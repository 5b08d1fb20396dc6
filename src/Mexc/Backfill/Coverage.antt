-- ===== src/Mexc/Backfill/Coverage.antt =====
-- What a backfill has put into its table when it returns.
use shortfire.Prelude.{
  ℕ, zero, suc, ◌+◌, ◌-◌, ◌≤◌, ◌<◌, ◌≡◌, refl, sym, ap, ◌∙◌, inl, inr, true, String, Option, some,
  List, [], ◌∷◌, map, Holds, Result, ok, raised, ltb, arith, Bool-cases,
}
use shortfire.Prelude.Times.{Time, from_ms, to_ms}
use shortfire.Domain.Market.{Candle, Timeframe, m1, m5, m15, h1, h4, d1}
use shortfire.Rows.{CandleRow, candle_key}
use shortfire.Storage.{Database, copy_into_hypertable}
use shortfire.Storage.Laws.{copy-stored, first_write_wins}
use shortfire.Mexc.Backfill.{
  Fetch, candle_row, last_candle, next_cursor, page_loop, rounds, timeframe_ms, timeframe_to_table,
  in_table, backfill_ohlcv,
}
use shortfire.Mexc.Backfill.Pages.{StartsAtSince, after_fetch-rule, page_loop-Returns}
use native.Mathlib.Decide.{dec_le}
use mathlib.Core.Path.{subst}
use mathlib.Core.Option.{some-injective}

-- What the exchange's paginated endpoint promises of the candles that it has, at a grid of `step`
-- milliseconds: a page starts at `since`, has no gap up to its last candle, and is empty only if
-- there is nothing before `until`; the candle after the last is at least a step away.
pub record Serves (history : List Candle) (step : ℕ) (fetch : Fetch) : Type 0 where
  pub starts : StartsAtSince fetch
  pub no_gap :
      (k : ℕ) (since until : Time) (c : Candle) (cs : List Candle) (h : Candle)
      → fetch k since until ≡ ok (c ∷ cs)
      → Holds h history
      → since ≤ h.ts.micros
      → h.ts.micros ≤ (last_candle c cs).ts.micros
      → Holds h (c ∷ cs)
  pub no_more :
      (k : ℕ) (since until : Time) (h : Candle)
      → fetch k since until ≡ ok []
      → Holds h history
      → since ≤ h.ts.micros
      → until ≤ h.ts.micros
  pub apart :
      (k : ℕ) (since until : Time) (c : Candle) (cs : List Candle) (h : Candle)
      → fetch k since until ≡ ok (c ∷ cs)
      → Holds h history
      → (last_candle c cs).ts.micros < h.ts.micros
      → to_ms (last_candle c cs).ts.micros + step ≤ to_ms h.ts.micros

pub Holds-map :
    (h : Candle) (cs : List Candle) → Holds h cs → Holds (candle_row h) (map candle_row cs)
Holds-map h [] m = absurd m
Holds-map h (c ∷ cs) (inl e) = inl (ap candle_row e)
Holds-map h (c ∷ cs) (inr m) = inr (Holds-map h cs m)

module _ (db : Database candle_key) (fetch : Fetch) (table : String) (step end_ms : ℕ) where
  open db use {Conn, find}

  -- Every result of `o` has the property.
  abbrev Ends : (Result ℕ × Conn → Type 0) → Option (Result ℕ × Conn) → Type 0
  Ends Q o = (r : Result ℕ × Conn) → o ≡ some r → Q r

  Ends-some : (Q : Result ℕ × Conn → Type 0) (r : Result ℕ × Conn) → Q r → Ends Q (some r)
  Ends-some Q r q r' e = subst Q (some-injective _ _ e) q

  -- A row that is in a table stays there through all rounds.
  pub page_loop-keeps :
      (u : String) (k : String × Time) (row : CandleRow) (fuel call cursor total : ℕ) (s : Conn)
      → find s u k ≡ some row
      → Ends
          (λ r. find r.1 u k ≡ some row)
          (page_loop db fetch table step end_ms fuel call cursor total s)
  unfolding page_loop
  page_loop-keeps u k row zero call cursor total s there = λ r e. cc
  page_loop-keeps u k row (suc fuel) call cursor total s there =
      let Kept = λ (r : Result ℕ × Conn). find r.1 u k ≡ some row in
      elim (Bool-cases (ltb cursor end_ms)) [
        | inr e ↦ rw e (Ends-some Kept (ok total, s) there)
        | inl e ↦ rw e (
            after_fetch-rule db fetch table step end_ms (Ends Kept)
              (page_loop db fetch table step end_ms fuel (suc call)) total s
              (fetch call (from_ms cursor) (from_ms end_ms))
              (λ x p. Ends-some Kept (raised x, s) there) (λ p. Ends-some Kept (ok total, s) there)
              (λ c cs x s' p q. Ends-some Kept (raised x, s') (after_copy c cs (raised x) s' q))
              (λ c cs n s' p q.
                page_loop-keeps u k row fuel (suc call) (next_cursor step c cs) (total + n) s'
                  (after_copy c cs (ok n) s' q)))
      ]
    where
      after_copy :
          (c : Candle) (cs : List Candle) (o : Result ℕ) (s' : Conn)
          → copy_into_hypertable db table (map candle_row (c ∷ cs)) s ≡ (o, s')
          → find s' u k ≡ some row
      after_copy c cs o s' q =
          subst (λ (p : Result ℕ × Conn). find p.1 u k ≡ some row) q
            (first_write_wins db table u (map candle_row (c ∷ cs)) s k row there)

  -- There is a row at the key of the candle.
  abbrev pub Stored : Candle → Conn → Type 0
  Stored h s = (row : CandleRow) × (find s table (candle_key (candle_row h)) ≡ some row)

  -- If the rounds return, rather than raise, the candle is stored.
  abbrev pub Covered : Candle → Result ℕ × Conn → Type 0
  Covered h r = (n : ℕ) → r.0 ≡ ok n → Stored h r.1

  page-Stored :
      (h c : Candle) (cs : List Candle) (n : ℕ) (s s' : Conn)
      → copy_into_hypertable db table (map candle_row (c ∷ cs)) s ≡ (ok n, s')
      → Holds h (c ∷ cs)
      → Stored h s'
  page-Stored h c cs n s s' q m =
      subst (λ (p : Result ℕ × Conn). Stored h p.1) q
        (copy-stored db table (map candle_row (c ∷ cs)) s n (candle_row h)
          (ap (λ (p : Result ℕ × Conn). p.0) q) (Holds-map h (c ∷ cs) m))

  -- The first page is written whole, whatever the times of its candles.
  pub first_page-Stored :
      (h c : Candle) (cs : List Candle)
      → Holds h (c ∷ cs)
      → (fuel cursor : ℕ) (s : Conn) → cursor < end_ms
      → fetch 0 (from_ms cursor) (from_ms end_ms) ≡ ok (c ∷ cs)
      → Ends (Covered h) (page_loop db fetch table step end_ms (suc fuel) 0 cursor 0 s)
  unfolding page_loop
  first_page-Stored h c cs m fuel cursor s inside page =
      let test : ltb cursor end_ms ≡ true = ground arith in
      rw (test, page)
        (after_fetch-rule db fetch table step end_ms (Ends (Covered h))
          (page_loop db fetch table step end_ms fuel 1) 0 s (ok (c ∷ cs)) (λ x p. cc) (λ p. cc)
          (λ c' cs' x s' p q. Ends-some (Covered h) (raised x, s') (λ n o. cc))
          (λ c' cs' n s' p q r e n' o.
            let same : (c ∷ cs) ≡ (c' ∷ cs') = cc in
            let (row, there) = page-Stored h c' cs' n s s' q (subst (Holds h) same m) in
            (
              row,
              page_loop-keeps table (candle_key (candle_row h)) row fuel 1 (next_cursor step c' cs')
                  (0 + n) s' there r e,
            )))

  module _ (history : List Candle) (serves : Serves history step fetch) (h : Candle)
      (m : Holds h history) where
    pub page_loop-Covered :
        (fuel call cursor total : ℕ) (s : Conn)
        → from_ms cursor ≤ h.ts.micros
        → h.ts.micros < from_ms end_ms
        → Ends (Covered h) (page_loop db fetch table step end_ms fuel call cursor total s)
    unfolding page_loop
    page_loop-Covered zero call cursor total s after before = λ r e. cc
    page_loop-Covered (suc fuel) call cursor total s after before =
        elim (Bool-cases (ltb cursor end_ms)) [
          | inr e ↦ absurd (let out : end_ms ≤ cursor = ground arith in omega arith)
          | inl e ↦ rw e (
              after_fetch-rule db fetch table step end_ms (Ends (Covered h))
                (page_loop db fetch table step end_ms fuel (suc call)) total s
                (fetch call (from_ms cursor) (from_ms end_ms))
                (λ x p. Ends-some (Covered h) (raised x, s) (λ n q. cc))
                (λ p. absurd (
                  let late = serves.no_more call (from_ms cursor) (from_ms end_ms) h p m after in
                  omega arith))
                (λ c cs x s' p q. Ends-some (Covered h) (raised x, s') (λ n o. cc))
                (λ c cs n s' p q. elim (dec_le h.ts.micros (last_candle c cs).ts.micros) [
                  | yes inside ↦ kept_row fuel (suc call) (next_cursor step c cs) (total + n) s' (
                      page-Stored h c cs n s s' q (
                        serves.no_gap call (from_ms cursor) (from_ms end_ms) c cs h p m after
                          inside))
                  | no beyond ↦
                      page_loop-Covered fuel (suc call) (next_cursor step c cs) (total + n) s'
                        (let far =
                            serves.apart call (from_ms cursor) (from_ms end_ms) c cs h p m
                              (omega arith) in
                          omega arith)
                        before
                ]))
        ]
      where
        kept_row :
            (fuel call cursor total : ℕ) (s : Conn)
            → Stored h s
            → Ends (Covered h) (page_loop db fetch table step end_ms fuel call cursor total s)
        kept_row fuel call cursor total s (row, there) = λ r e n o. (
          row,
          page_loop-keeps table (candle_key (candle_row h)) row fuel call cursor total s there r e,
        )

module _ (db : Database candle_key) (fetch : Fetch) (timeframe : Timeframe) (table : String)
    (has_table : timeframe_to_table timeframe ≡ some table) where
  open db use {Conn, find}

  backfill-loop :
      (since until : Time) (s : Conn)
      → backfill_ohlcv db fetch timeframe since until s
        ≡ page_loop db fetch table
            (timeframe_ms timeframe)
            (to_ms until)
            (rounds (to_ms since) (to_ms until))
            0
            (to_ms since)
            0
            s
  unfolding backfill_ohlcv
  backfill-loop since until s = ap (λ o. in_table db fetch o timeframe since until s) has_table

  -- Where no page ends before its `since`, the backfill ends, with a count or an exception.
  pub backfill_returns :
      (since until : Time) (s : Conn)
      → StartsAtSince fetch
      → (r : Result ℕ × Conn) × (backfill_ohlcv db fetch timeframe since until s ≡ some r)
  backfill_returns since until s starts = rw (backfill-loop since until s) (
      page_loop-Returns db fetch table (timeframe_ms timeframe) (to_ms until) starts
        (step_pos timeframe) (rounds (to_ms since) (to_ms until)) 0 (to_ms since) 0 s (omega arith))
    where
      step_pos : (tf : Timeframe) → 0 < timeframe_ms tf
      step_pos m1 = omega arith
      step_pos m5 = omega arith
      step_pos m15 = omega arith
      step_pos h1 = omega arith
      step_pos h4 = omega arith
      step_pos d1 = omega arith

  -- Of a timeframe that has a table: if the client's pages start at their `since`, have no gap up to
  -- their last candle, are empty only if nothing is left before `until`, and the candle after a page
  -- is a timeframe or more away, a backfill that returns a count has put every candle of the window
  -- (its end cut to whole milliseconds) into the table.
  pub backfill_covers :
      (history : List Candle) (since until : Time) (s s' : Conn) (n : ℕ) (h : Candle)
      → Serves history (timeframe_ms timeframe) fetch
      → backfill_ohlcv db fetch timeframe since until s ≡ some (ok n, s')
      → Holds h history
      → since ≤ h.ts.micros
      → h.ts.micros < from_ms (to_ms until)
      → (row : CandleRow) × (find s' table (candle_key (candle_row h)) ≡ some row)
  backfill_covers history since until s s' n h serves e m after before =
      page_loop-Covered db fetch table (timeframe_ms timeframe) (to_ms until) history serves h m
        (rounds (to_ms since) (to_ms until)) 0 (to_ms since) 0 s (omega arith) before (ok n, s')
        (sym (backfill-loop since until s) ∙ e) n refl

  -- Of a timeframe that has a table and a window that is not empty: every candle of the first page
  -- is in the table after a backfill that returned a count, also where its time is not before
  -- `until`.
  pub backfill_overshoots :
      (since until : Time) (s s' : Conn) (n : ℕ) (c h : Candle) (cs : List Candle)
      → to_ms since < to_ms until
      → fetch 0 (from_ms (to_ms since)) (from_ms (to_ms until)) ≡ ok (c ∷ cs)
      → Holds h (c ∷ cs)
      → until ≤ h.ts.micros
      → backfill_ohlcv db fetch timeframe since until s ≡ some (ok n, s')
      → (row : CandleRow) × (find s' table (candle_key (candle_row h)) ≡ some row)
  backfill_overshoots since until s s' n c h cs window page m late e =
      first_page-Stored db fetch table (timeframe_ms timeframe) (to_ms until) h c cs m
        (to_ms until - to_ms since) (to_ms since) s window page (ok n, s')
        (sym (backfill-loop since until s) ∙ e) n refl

|---|

Exercise objective: Select all lines in the listing that include the word "candles".

Task solution:
-- What the exchange's paginated endpoint promises of the candles that it has, at a grid of `step`
  -- The first page is written whole, whatever the times of its candles.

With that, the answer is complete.